Action item
Your job is to copy the data that follows exactly, every line included.

Exercise data
════════════════

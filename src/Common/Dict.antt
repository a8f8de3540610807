-- ===== src/Common/Dict.antt =====
-- A Python dictionary keyed by texts, in the order of insertion (also `OrderedDict`).
use Prim.Native.Nat.{ℕ, suc, ◌-◌, ◌≤◌, ◌<◌}
use Prim.Native.String.{String}
use mathlib.Core.Path.{◌≡◌, refl, subst}
use mathlib.Core.Logic.{◌≢◌, inl, inr}
use mathlib.Core.Option.{Option, none, some}
use mathlib.Core.List.{List, [], ◌∷◌}
use native.Mathlib.Omega.{arith}
use text.Mathlib.TextEquality.{eq_iff}
use vision_tactile_dataset.Common.Tests.{ltb, Bool-cases, if◌then◌else◌}
use vision_tactile_dataset.Common.Lists.{length, drop}
pub use text.Mathlib.Text.{◌==◌ as str_eq}

abbrev pub Dict {ℓ} : Type ℓ → Type ℓ
Dict V = List (String × V)

module _ {ℓ} {V : Type ℓ} where
  -- `d.get(k)`
  abbrev pub lookup : String → Dict V → Option V
  lookup k [] = none
  lookup k ((j, v) ∷ d) = if str_eq k j then some v else lookup k d

  -- `d[k] = v`: a known key keeps its place.
  unfoldable pub insert : String → V → Dict V → Dict V
  insert k v [] = (k, v) ∷ []
  insert k v (e ∷ d) = if str_eq k e.0 then (k, v) ∷ d else e ∷ insert k v d

  -- `while len(d) > size: d.popitem(last=False)`
  unfoldable pub evict : ℕ → Dict V → Dict V
  evict size [] = []
  evict size (e ∷ d) = if ltb size (suc (length d)) then evict size d else e ∷ d

  -- No key twice.
  abbrev pub IsDict : Dict V → Type ℓ
  IsDict [] = Unit
  IsDict ((k, v) ∷ d) = (lookup k d ≡ none) × IsDict d

  pub lookup-insert_self : (k : String) (v : V) (d : Dict V) → lookup k (insert k v d) ≡ some v
  unfolding insert
  lookup-insert_self k v [] = ground (arith, eq_iff k k)
  lookup-insert_self k v (e ∷ d) =
      ground (arith, eq_iff k k, eq_iff k e.0, lookup-insert_self k v d)

  pub lookup-insert_ne :
      (j k : String) (v : V) (d : Dict V) → j ≢ k → lookup j (insert k v d) ≡ lookup j d
  unfolding insert
  lookup-insert_ne j k v [] h = ground (arith, eq_iff j k)
  lookup-insert_ne j k v (e ∷ d) h =
      ground (arith, eq_iff j k, eq_iff k e.0, eq_iff j e.0, lookup-insert_ne j k v d h)

  pub insert-IsDict : (k : String) (v : V) (d : Dict V) → IsDict d → IsDict (insert k v d)
  unfolding insert
  insert-IsDict k v [] h = (refl, tt)
  insert-IsDict k v (e ∷ d) h =
      ground
        (arith, eq_iff k e.0, eq_iff e.0 k, insert-IsDict k v d h.1, lookup-insert_ne e.0 k v d)

  pub evict-IsDict : (size : ℕ) (d : Dict V) → IsDict d → IsDict (evict size d)
  unfolding evict
  evict-IsDict size [] h = h
  evict-IsDict size (e ∷ d) h = ground (arith, evict-IsDict size d h.1)

  -- Eviction stops at the size.
  pub length-evict : (size : ℕ) (d : Dict V) → length (evict size d) ≤ size
  unfolding evict
  length-evict size [] = omega arith
  length-evict size (e ∷ d) = ground (arith, length-evict size d)

  -- What eviction removes is the oldest entries, and only as many as are over the size.
  pub evict-eq-drop : (size : ℕ) (d : Dict V) → evict size d ≡ drop (length d - size) d
  unfolding evict
  evict-eq-drop size [] = ground arith
  evict-eq-drop size (e ∷ d) = elim (Bool-cases (ltb size (suc (length d)))) [
    | inl over ↦
        let one_more : suc (length d) - size ≡ suc (length d - size) = ground arith in
        rw (over, one_more) (evict-eq-drop size d)
    | inr fits ↦ let none_over : suc (length d) - size ≡ 0 = ground arith in rw (fits, none_over)
  ]

  -- A new entry stands at the end, so a dictionary of size one or more keeps it.
  pub lookup-evict-insert_new :
      (k : String) (v : V) (size : ℕ) (d : Dict V)
      → 0 < size
      → lookup k d ≡ none
      → lookup k (evict size (insert k v d)) ≡ some v
  unfolding evict insert
  lookup-evict-insert_new k v size [] p h = ground (arith, eq_iff k k)
  lookup-evict-insert_new k v size (e ∷ d) p h = elim (Bool-cases (str_eq k e.0)) [
    | inl same ↦ absurd (ground arith)
    | inr other ↦
        let found : lookup k (insert k v d) ≡ some v = lookup-insert_self k v d in
        rw other (ground (arith, lookup-evict-insert_new k v size d p))
  ]

  abbrev pub keys : Dict V → List String
  keys [] = []
  keys ((k, v) ∷ d) = k ∷ keys d

  -- A known key keeps its place.
  pub keys-insert :
      (k : String) (u v : V) (d : Dict V) → lookup k d ≡ some u → keys (insert k v d) ≡ keys d
  unfolding insert
  keys-insert k u v [] h = absurd (ground arith)
  keys-insert k u v (e ∷ d) h = ground (arith, eq_iff k e.0, keys-insert k u v d)

-- A predicate on every value.
module _ {ℓ κ} {V : Type ℓ} (P : V → Type κ) where
  abbrev pub AllValues : Dict V → Type κ
  AllValues [] = Unit
  AllValues ((k, v) ∷ d) = P v × AllValues d

  pub lookup-AllValues : (k : String) (v : V) (d : Dict V) → lookup k d ≡ some v → AllValues d → P v
  lookup-AllValues k v [] h a = absurd (ground arith)
  lookup-AllValues k v ((j, u) ∷ d) h a = elim (Bool-cases (str_eq k j)) [
    | inl same ↦ let first : u ≡ v = ground arith in subst P first a.0
    | inr other ↦ let later : lookup k d ≡ some v = ground arith in lookup-AllValues k v d later a.1
  ]

  pub insert-AllValues :
      (k : String) (v : V) (d : Dict V) → P v → AllValues d → AllValues (insert k v d)
  unfolding insert
  insert-AllValues k v [] p a = (p, tt)
  insert-AllValues k v ((j, u) ∷ d) p a = elim (Bool-cases (str_eq k j)) [
    | inl same ↦ rw same (p, a.1)
    | inr other ↦ rw other (a.0, insert-AllValues k v d p a.1)
  ]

════════════════

Your solution
filename src/Common/Dict.antt
repository a8f8de3540610807
-- ===== src/Common/Dict.antt =====
-- A Python dictionary keyed by texts, in the order of insertion (also `OrderedDict`).
use Prim.Native.Nat.{ℕ, suc, ◌-◌, ◌≤◌, ◌<◌}
use Prim.Native.String.{String}
use mathlib.Core.Path.{◌≡◌, refl, subst}
use mathlib.Core.Logic.{◌≢◌, inl, inr}
use mathlib.Core.Option.{Option, none, some}
use mathlib.Core.List.{List, [], ◌∷◌}
use native.Mathlib.Omega.{arith}
use text.Mathlib.TextEquality.{eq_iff}
use vision_tactile_dataset.Common.Tests.{ltb, Bool-cases, if◌then◌else◌}
use vision_tactile_dataset.Common.Lists.{length, drop}
pub use text.Mathlib.Text.{◌==◌ as str_eq}

abbrev pub Dict {ℓ} : Type ℓ → Type ℓ
Dict V = List (String × V)

module _ {ℓ} {V : Type ℓ} where
  -- `d.get(k)`
  abbrev pub lookup : String → Dict V → Option V
  lookup k [] = none
  lookup k ((j, v) ∷ d) = if str_eq k j then some v else lookup k d

  -- `d[k] = v`: a known key keeps its place.
  unfoldable pub insert : String → V → Dict V → Dict V
  insert k v [] = (k, v) ∷ []
  insert k v (e ∷ d) = if str_eq k e.0 then (k, v) ∷ d else e ∷ insert k v d

  -- `while len(d) > size: d.popitem(last=False)`
  unfoldable pub evict : ℕ → Dict V → Dict V
  evict size [] = []
  evict size (e ∷ d) = if ltb size (suc (length d)) then evict size d else e ∷ d

  -- No key twice.
  abbrev pub IsDict : Dict V → Type ℓ
  IsDict [] = Unit
  IsDict ((k, v) ∷ d) = (lookup k d ≡ none) × IsDict d

  pub lookup-insert_self : (k : String) (v : V) (d : Dict V) → lookup k (insert k v d) ≡ some v
  unfolding insert
  lookup-insert_self k v [] = ground (arith, eq_iff k k)
  lookup-insert_self k v (e ∷ d) =
      ground (arith, eq_iff k k, eq_iff k e.0, lookup-insert_self k v d)

  pub lookup-insert_ne :
      (j k : String) (v : V) (d : Dict V) → j ≢ k → lookup j (insert k v d) ≡ lookup j d
  unfolding insert
  lookup-insert_ne j k v [] h = ground (arith, eq_iff j k)
  lookup-insert_ne j k v (e ∷ d) h =
      ground (arith, eq_iff j k, eq_iff k e.0, eq_iff j e.0, lookup-insert_ne j k v d h)

  pub insert-IsDict : (k : String) (v : V) (d : Dict V) → IsDict d → IsDict (insert k v d)
  unfolding insert
  insert-IsDict k v [] h = (refl, tt)
  insert-IsDict k v (e ∷ d) h =
      ground
        (arith, eq_iff k e.0, eq_iff e.0 k, insert-IsDict k v d h.1, lookup-insert_ne e.0 k v d)

  pub evict-IsDict : (size : ℕ) (d : Dict V) → IsDict d → IsDict (evict size d)
  unfolding evict
  evict-IsDict size [] h = h
  evict-IsDict size (e ∷ d) h = ground (arith, evict-IsDict size d h.1)

  -- Eviction stops at the size.
  pub length-evict : (size : ℕ) (d : Dict V) → length (evict size d) ≤ size
  unfolding evict
  length-evict size [] = omega arith
  length-evict size (e ∷ d) = ground (arith, length-evict size d)

  -- What eviction removes is the oldest entries, and only as many as are over the size.
  pub evict-eq-drop : (size : ℕ) (d : Dict V) → evict size d ≡ drop (length d - size) d
  unfolding evict
  evict-eq-drop size [] = ground arith
  evict-eq-drop size (e ∷ d) = elim (Bool-cases (ltb size (suc (length d)))) [
    | inl over ↦
        let one_more : suc (length d) - size ≡ suc (length d - size) = ground arith in
        rw (over, one_more) (evict-eq-drop size d)
    | inr fits ↦ let none_over : suc (length d) - size ≡ 0 = ground arith in rw (fits, none_over)
  ]

  -- A new entry stands at the end, so a dictionary of size one or more keeps it.
  pub lookup-evict-insert_new :
      (k : String) (v : V) (size : ℕ) (d : Dict V)
      → 0 < size
      → lookup k d ≡ none
      → lookup k (evict size (insert k v d)) ≡ some v
  unfolding evict insert
  lookup-evict-insert_new k v size [] p h = ground (arith, eq_iff k k)
  lookup-evict-insert_new k v size (e ∷ d) p h = elim (Bool-cases (str_eq k e.0)) [
    | inl same ↦ absurd (ground arith)
    | inr other ↦
        let found : lookup k (insert k v d) ≡ some v = lookup-insert_self k v d in
        rw other (ground (arith, lookup-evict-insert_new k v size d p))
  ]

  abbrev pub keys : Dict V → List String
  keys [] = []
  keys ((k, v) ∷ d) = k ∷ keys d

  -- A known key keeps its place.
  pub keys-insert :
      (k : String) (u v : V) (d : Dict V) → lookup k d ≡ some u → keys (insert k v d) ≡ keys d
  unfolding insert
  keys-insert k u v [] h = absurd (ground arith)
  keys-insert k u v (e ∷ d) h = ground (arith, eq_iff k e.0, keys-insert k u v d)

-- A predicate on every value.
module _ {ℓ κ} {V : Type ℓ} (P : V → Type κ) where
  abbrev pub AllValues : Dict V → Type κ
  AllValues [] = Unit
  AllValues ((k, v) ∷ d) = P v × AllValues d

  pub lookup-AllValues : (k : String) (v : V) (d : Dict V) → lookup k d ≡ some v → AllValues d → P v
  lookup-AllValues k v [] h a = absurd (ground arith)
  lookup-AllValues k v ((j, u) ∷ d) h a = elim (Bool-cases (str_eq k j)) [
    | inl same ↦ let first : u ≡ v = ground arith in subst P first a.0
    | inr other ↦ let later : lookup k d ≡ some v = ground arith in lookup-AllValues k v d later a.1
  ]

  pub insert-AllValues :
      (k : String) (v : V) (d : Dict V) → P v → AllValues d → AllValues (insert k v d)
  unfolding insert
  insert-AllValues k v [] p a = (p, tt)
  insert-AllValues k v ((j, u) ∷ d) p a = elim (Bool-cases (str_eq k j)) [
    | inl same ↦ rw same (p, a.1)
    | inr other ↦ rw other (a.0, insert-AllValues k v d p a.1)
  ]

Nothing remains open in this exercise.